Collected data
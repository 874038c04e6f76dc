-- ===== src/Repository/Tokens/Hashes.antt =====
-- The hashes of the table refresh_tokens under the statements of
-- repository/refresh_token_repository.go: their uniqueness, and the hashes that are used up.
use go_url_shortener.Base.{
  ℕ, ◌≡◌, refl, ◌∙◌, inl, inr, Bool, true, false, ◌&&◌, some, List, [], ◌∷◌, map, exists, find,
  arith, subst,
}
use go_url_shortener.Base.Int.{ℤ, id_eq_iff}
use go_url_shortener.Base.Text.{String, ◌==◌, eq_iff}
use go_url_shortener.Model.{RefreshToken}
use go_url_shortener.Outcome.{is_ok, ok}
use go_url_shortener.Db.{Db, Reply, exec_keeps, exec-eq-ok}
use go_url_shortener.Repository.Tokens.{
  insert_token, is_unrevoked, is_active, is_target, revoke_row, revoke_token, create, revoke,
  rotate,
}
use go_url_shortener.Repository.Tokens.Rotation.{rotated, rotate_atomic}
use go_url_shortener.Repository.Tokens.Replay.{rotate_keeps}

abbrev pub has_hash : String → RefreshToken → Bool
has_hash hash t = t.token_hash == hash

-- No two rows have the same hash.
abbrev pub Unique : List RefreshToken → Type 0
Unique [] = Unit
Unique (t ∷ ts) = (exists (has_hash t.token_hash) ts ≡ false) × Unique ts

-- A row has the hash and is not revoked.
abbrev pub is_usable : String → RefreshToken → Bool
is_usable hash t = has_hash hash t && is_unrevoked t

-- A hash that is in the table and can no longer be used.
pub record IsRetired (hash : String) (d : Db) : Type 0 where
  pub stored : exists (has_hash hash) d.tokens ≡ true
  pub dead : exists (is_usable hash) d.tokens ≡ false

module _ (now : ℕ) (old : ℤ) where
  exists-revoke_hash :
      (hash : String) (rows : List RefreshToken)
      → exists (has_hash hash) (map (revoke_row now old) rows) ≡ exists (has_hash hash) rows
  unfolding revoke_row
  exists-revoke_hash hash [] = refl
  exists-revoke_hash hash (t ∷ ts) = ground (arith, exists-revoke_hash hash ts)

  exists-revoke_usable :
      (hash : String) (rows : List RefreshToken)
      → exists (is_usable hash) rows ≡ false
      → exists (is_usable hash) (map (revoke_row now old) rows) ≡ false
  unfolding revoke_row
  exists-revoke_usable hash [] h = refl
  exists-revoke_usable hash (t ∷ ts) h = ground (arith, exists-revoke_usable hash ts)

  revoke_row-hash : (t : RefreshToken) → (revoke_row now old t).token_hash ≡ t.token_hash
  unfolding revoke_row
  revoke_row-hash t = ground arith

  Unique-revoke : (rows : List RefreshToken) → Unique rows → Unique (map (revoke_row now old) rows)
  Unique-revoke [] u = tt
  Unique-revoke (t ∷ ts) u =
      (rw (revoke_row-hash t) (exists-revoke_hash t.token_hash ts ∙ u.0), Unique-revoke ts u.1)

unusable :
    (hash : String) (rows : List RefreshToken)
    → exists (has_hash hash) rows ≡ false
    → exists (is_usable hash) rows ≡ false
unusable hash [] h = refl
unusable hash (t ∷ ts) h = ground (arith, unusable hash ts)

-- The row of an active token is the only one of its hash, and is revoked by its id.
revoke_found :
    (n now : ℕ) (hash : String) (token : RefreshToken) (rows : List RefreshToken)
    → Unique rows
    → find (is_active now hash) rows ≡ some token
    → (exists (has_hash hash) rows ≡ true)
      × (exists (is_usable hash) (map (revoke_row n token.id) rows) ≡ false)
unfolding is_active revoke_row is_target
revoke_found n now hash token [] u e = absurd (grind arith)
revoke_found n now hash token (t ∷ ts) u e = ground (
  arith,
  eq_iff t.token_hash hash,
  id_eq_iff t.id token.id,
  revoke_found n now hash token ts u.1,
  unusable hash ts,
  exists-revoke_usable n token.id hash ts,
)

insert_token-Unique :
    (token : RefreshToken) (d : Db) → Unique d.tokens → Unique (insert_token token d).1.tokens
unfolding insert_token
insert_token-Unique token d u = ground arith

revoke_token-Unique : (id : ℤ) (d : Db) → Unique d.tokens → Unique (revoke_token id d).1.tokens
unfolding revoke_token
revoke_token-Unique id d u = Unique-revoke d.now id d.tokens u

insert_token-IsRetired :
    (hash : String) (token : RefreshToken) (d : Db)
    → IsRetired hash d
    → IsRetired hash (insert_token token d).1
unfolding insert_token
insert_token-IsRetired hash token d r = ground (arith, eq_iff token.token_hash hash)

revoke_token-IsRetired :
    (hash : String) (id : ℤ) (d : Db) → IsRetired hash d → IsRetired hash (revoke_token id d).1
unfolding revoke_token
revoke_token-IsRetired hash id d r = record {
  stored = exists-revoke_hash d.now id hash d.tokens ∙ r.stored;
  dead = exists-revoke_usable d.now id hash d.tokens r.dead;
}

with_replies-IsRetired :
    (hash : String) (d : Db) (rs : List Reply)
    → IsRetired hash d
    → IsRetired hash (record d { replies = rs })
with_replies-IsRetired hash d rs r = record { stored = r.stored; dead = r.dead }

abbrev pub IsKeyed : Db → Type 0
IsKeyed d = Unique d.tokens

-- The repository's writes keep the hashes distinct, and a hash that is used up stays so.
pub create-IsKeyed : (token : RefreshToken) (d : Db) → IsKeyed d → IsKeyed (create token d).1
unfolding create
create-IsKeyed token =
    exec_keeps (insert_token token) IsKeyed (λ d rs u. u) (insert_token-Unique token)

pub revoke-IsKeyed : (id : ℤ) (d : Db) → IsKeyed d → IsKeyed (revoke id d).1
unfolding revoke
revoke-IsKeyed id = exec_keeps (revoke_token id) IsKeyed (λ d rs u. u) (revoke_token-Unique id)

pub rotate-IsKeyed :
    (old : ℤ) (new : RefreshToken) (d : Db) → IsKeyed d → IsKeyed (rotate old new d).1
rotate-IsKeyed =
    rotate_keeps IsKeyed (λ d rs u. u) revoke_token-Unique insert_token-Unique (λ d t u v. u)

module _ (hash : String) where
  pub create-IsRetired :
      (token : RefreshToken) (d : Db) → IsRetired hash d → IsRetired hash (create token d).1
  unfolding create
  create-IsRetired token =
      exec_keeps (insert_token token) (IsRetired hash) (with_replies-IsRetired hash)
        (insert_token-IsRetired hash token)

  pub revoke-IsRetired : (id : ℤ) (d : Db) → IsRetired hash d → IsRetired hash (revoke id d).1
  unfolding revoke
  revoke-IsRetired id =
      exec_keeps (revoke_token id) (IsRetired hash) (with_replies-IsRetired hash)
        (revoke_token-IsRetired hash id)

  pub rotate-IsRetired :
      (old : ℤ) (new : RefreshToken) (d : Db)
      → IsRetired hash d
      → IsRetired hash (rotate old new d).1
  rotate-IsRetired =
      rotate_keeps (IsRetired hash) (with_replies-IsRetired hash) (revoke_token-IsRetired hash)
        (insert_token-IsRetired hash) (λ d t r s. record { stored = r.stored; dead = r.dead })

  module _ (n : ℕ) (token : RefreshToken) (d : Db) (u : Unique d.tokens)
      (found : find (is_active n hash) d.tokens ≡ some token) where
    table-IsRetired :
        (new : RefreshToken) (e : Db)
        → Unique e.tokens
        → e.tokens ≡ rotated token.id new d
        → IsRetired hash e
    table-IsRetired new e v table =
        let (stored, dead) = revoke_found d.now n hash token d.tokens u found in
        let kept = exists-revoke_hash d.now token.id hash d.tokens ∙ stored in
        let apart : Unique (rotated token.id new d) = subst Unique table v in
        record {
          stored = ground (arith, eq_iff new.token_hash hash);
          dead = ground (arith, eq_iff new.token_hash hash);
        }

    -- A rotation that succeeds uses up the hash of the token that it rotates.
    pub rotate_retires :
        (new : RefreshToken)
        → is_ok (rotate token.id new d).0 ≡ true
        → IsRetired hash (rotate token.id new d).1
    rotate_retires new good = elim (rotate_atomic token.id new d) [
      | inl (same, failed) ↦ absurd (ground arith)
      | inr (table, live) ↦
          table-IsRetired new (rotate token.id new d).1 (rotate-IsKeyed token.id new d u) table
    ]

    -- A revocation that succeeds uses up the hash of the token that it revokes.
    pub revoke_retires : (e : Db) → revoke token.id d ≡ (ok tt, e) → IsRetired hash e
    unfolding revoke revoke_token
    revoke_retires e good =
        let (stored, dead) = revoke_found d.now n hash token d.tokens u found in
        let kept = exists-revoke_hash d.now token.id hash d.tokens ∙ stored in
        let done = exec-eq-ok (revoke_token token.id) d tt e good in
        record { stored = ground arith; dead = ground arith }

* EXERCISE
I'd like the lines above from the one with "(n now : ℕ)" up to and including the one with "insert_token-Unique token d u = ground arith" copied exactly, with no other lines.

* SOLVED EXERCISE
    (n now : ℕ) (hash : String) (token : RefreshToken) (rows : List RefreshToken)
    → Unique rows
    → find (is_active now hash) rows ≡ some token
    → (exists (has_hash hash) rows ≡ true)
      × (exists (is_usable hash) (map (revoke_row n token.id) rows) ≡ false)
unfolding is_active revoke_row is_target
revoke_found n now hash token [] u e = absurd (grind arith)
revoke_found n now hash token (t ∷ ts) u e = ground (
  arith,
  eq_iff t.token_hash hash,
  id_eq_iff t.id token.id,
  revoke_found n now hash token ts u.1,
  unusable hash ts,
  exists-revoke_usable n token.id hash ts,
)

insert_token-Unique :
    (token : RefreshToken) (d : Db) → Unique d.tokens → Unique (insert_token token d).1.tokens
unfolding insert_token
insert_token-Unique token d u = ground arith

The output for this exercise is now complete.